Let your answer be the line containing "unfoldable pub write : List" and every line below it to the end of the records, copied exactly.

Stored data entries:
▼
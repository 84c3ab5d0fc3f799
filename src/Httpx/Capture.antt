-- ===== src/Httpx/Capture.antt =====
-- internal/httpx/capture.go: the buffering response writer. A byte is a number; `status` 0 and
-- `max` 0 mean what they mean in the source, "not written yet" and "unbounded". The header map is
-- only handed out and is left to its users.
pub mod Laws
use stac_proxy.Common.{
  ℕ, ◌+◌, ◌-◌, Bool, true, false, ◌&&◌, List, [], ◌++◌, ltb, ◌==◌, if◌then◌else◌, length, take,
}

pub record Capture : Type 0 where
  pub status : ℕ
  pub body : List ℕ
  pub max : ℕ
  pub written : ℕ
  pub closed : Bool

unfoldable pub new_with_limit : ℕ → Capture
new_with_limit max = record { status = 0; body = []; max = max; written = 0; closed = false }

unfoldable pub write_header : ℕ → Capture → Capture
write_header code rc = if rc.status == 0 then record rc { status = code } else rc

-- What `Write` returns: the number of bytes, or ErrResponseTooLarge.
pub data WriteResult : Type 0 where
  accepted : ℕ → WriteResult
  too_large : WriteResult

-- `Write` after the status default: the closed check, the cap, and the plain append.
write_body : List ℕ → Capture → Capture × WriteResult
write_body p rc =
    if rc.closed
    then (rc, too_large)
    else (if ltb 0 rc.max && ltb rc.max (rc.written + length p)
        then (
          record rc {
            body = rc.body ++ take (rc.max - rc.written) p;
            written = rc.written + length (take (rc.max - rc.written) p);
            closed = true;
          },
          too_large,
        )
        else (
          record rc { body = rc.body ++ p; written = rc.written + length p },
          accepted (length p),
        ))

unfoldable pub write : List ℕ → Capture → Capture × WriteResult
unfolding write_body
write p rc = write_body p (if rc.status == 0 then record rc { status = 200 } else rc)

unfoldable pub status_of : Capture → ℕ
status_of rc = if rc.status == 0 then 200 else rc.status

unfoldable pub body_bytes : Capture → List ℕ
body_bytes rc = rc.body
▲
* Completed exercise
unfoldable pub write : List ℕ → Capture → Capture × WriteResult
unfolding write_body
write p rc = write_body p (if rc.status == 0 then record rc { status = 200 } else rc)

unfoldable pub status_of : Capture → ℕ
status_of rc = if rc.status == 0 then 200 else rc.status

unfoldable pub body_bytes : Capture → List ℕ
body_bytes rc = rc.body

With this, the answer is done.